The main constraint upon Theresa May’s government will be the tattered Salisbury-Addison convention by which a government is able to force its legislation through the House of Lords if it can demonstrate that it is implementing a manifesto commitment. The 2015 election saw the formation of the first majority Conservative government in history without an automatic majority in the House of Lords.

There has followed a succession of painful Lords defeats for Cameron’s government. But Cameron’s critics argue that far from being inevitable they resulted at least in part from a mishandling of the Lords by a leadership that failed to remember that it could no longer count on the automatic majority it had enjoyed by dint of the support of LibDem as well as Conservative peers for the government during the 2010-15 Coalition. A more subtle and conciliatory approach, they argued, was both possible and would have avoided many unnecessary defeats.

Apart from the risk of making Lords legislation more difficult there is therefore little to bind the new Prime Minister to the constraints of Cameron’s 2015 manifesto other than what Conservative MPs themselves will be prepared to support. Given the commanding authority that the new PM currently enjoys, that is not a strong tie.

On the other side of the equation, is the extent to which the new Prime Minister has a strong new agenda of her own that will overlay and supplant the 2015 manifesto agenda. Having been on the Conservative front-bench for almost all of her parliamentary career, she has had little opportunity to set out her own vision for Britain. Her ability to set out her ambitions during the Conservative leadership campaign was constrained by the rapidity with which the self-immolation of her leadership opponents brought the debate itself to an unexpectedly premature close.

The one significant speech she made – in Birmingham on 11 July – put down several important markers to differentiate her style and potentially the substance of her government from Cameron/Osborne era. Her themes framed an economy and society in which the forces of globalisation were not so much appeased as tamed – a preparedness to take a tougher line on foreign takeovers of strategic UK businesses and “getting tough on irresponsible behaviour in big business”. She spoke of her belief in competitive markets and in strong communities; in individualism and in society; and of the value of the role that the state can play.

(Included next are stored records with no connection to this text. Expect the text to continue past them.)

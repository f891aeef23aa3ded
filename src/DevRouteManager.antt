-- ===== src/DevRouteManager.antt =====
-- frontik/dev_route_manager.py: the routes of the development mode, so that a page is imported when
-- it is first asked for. The modules that Python loads are a parameter.
mod Entries
pub mod ImportRoute
mod Steady
mod Tests
use frontik.Prelude.{
  ℕ, String, Bool, false, not, Option, none, some, List, [], ◌∷◌, ◌++◌, ◌+++◌, map, eqb, ltb,
  if◌then◌else◌, length, Dict, lookup, insert, values, is_some, upper,
}
use frontik.Routing.{api, SortKey, key_lt, get_route_sort_key}
use frontik.CacheDiff.{
  RouteCache, PageMtime, DiffResult, empty_fs_path, max_changed_files_count_to_invalidate,
  get_diff_cache_and_fs, WalkedFile, map_py_files_mtime,
}

-- a route of FastAPI: the module of its endpoint, its methods in the order of their set
pub record FastapiRoute : Type 0 where
  pub module_name : String
  pub methods : List String
  pub path : String
  pub path_format : String

pub first_method : List String → String
first_method [] = "GET"
first_method (m ∷ ms) = m

pub convert_fastapi_route_to_cache : FastapiRoute → String → ℕ → RouteCache
unfolding first_method
convert_fastapi_route_to_cache route fs_path mtime = record {
  endpoint = route.module_name;
  method = upper (first_method route.methods);
  path = route.path;
  mtime = mtime;
  fs_path = fs_path;
}

-- the lists of routing.py: `_fastapi_routes`, and the last route of `not_found_router`, which app.py fills
pub record Tables : Type 0 where
  pub fastapi_routes : List FastapiRoute
  pub not_found_route : FastapiRoute

-- the module `routes_map_exclude-dev-watcher_.py`
pub record RoutesMapFile : Type 0 where
  pub routes_map : List RouteCache
  pub exclude_pages_to_add : List PageMtime
  pub mandatory_for_import : List RouteCache

-- `DevRouteManager`, with the lists that it shares with routing.py, the file, and the modules that
-- it has asked Python to import, oldest first. A fake route is held without its router, as the
-- route of FastAPI that answers with the name of the module.
pub record DevRouteManager : Type 0 where
  pub routes_map_module : Dict RouteCache
  pub exclude_pages_to_add : List PageMtime
  pub fake_routes : List FastapiRoute
  pub py_files_mtime : Dict PageMtime
  pub tables : Tables
  pub file : Option RoutesMapFile
  pub imported : List String

-- `__init__`, in a process that has imported app.py
abbrev pub new_manager : Tables → Option RoutesMapFile → DevRouteManager
new_manager tables file = record {
  routes_map_module = [];
  exclude_pages_to_add = [];
  fake_routes = [];
  py_files_mtime = [];
  tables = tables;
  file = file;
  imported = [];
}

-- `list.sort(key=get_route_sort_key)`
abbrev key_of : FastapiRoute → SortKey
key_of route =
    get_route_sort_key
      (api (record { id = 0; path_format = route.path_format; endpoint = route.module_name }))

insert_fastapi_route : FastapiRoute → List FastapiRoute → List FastapiRoute
insert_fastapi_route r [] = r ∷ []
insert_fastapi_route r (s ∷ rs) =
    let rest = insert_fastapi_route r rs in
    if key_lt (key_of s) (key_of r) then s ∷ rest else r ∷ s ∷ rs

pub sort_fastapi_routes : List FastapiRoute → List FastapiRoute
unfolding insert_fastapi_route
sort_fastapi_routes [] = []
sort_fastapi_routes (r ∷ rs) = insert_fastapi_route r (sort_fastapi_routes rs)

unfoldable pub route_key : RouteCache → String
route_key route = upper route.method +++ ("." +++ route.path)

unfoldable pub fake_route : RouteCache → FastapiRoute
fake_route route = record {
  module_name = route.endpoint;
  methods = upper route.method ∷ [];
  path = "/fake" +++ route.path;
  path_format = "/fake" +++ route.path;
}

unfoldable pub add_fake_route : RouteCache → DevRouteManager → DevRouteManager
unfolding route_key fake_route
add_fake_route route d = record d {
  routes_map_module = insert (route_key route) route d.routes_map_module;
  fake_routes = d.fake_routes ++ fake_route route ∷ [];
}

-- `module_path_map.get(module_name, ...)`, and the entry of the route
pub cache_entry : FastapiRoute → Option PageMtime → RouteCache
unfolding convert_fastapi_route_to_cache
cache_entry route none = convert_fastapi_route_to_cache route empty_fs_path 0
cache_entry route (some page) = convert_fastapi_route_to_cache route page.fs_path page.mtime

pub add_entries : Dict PageMtime → List FastapiRoute → DevRouteManager → DevRouteManager
unfolding cache_entry
add_entries module_path_map [] d = d
add_entries module_path_map (route ∷ routes) d =
    add_entries module_path_map routes
      (add_fake_route (cache_entry route (lookup route.module_name module_path_map)) d)

pub proccess_fastapi_routes_to_dev_route : Dict PageMtime → DevRouteManager → DevRouteManager
unfolding add_entries
proccess_fastapi_routes_to_dev_route module_path_map d =
    add_entries module_path_map d.tables.fastapi_routes d

unfoldable pub update_file_cache : DevRouteManager → DevRouteManager
unfolding convert_fastapi_route_to_cache
update_file_cache d = record d {
  file = some (record {
    routes_map = values d.routes_map_module;
    exclude_pages_to_add = d.exclude_pages_to_add;
    mandatory_for_import =
        convert_fastapi_route_to_cache d.tables.not_found_route empty_fs_path 0 ∷ [];
  });
}

unfoldable pub is_changed : Dict PageMtime → RouteCache → Bool
is_changed py_files route = elim (lookup route.endpoint py_files) [
  | none ↦ false
  | some page ↦ not (eqb page.mtime route.mtime)
]

-- the loop over `routes_map`, with the endpoints of `need_to_update`
pub sift : Dict PageMtime → List RouteCache → DevRouteManager → List String × DevRouteManager
unfolding is_changed
sift need_delete [] d = ([], d)
sift need_delete (route ∷ routes) d =
    let (changed, d') = sift need_delete routes d in
    if is_changed d.py_files_mtime route
    then (route.endpoint ∷ changed, d')
    else if is_some (lookup route.endpoint need_delete)
    then (changed, d')
    else sift need_delete routes (add_fake_route route d)

abbrev pub endpoints : List RouteCache → List String
endpoints routes = map (λ r. r.endpoint) routes

-- `load` is what importing a module makes of the lists of routing.py, behind the modules that are
-- imported, for modules that can be imported: one that cannot ends the process while it starts.
-- `walk` gives the modules that `_iter_submodules` finds below a package, if it is there.
module _ (load : List String → String → Tables → Tables)
    (walk : String → Option (List String)) where
  pub import_module : String → DevRouteManager → DevRouteManager
  import_module name d = record d {
    tables = load d.imported name d.tables;
    imported = d.imported ++ name ∷ [];
  }

  pub import_modules : List String → DevRouteManager → DevRouteManager
  unfolding import_module
  import_modules [] d = d
  import_modules (name ∷ names) d = import_modules names (import_module name d)

  unfoldable pub sort_tables : DevRouteManager → DevRouteManager
  unfolding sort_fastapi_routes
  sort_tables d = record d {
    tables = record (d.tables) { fastapi_routes = sort_fastapi_routes d.tables.fastapi_routes };
  }

  -- `routing.import_all_pages`
  pub import_pages : String → DevRouteManager → DevRouteManager
  unfolding import_modules sort_tables
  import_pages app_module d = elim (walk (app_module +++ ".pages")) [
    | none ↦ d
    | some names ↦ sort_tables (import_modules ((app_module +++ ".pages") ∷ names) d)
  ]

  -- the end of `create_route_map_module`, where the pages without a route are excluded
  unfoldable pub save_created : DevRouteManager → DevRouteManager
  unfolding get_diff_cache_and_fs
  save_created d =
      let diff = get_diff_cache_and_fs (values d.routes_map_module) (values d.py_files_mtime) [] in
      update_file_cache (record d { exclude_pages_to_add = values diff.need_add })

  unfoldable pub create_route_map_module : String → DevRouteManager → DevRouteManager
  unfolding import_pages proccess_fastapi_routes_to_dev_route
  create_route_map_module app_module d =
      save_created
        (proccess_fastapi_routes_to_dev_route d.py_files_mtime (import_pages app_module d))

  unfoldable pub add_routes_to_cache : List String → DevRouteManager → DevRouteManager
  unfolding import_modules proccess_fastapi_routes_to_dev_route
  add_routes_to_cache names d =
      proccess_fastapi_routes_to_dev_route d.py_files_mtime (import_modules names d)

  unfoldable pub save : DevRouteManager → DevRouteManager
  unfolding sort_fastapi_routes sort_tables
  save d =
      update_file_cache (sort_tables (record d { fake_routes = sort_fastapi_routes d.fake_routes }))

  -- behind the loop, for the endpoints of `routes_add_to_cache`
  unfoldable pub refresh : String → List String → DevRouteManager → DevRouteManager
  refresh app_module [] d = save d
  refresh app_module (name ∷ names) d =
      if ltb max_changed_files_count_to_invalidate (length (name ∷ names))
      then create_route_map_module app_module d
      else save (add_routes_to_cache (name ∷ names) d)

  -- the loop over the routes of the file, and what follows it
  unfoldable pub apply_diff :
      String → DiffResult → List RouteCache → DevRouteManager → DevRouteManager
  unfolding sift
  apply_diff app_module diff routes_map d =
      let (changed, d') = sift diff.need_delete routes_map d in
      refresh app_module (map (λ p. p.endpoint) (values diff.need_add) ++ changed) d'

  -- the start with a file
  unfoldable pub import_cached : String → RoutesMapFile → DevRouteManager → DevRouteManager
  unfolding import_modules get_diff_cache_and_fs
  import_cached app_module file d =
      let d' =
        import_modules (endpoints file.mandatory_for_import)
          (record d { exclude_pages_to_add = file.exclude_pages_to_add }) in
      apply_diff app_module
        (get_diff_cache_and_fs file.routes_map (values d'.py_files_mtime) d'.exclude_pages_to_add)
        file.routes_map d'

  unfoldable pub start_from : String → Option RoutesMapFile → DevRouteManager → DevRouteManager
  start_from app_module none d = create_route_map_module app_module d
  start_from app_module (some file) d = import_cached app_module file d

  -- `DevRouteManager.import_all_pages`, with the files below the folder of the pages
  unfoldable pub import_all_pages : String → ℕ → List WalkedFile → DevRouteManager → DevRouteManager
  unfolding map_py_files_mtime
  import_all_pages app_module src_folder_len files d =
      start_from app_module d.file
        (record d { py_files_mtime = map_py_files_mtime src_folder_len files })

It was a clear break with the Manchester Liberalism of George Osborne and an embrace of the more interventionist Birmingham Liberalism of Joe Chamberlain, on whom her joint Chief-of-Staff Nick Timothy has written an important book.

It was Winston Churchill who said of Chamberlain, whose political achievement enabled Conservative governments to win seats in Birmingham for the first time: ‘Joe was the one who made the weather’.

At Conservative Conference in six weeks’ time, appropriately in Birmingham, May will have an opportunity to give a more definitive forecast of what that weather will be. It looks like it could entail a radical break with business policy of recent years. And there is no reason for her to require an election to do so.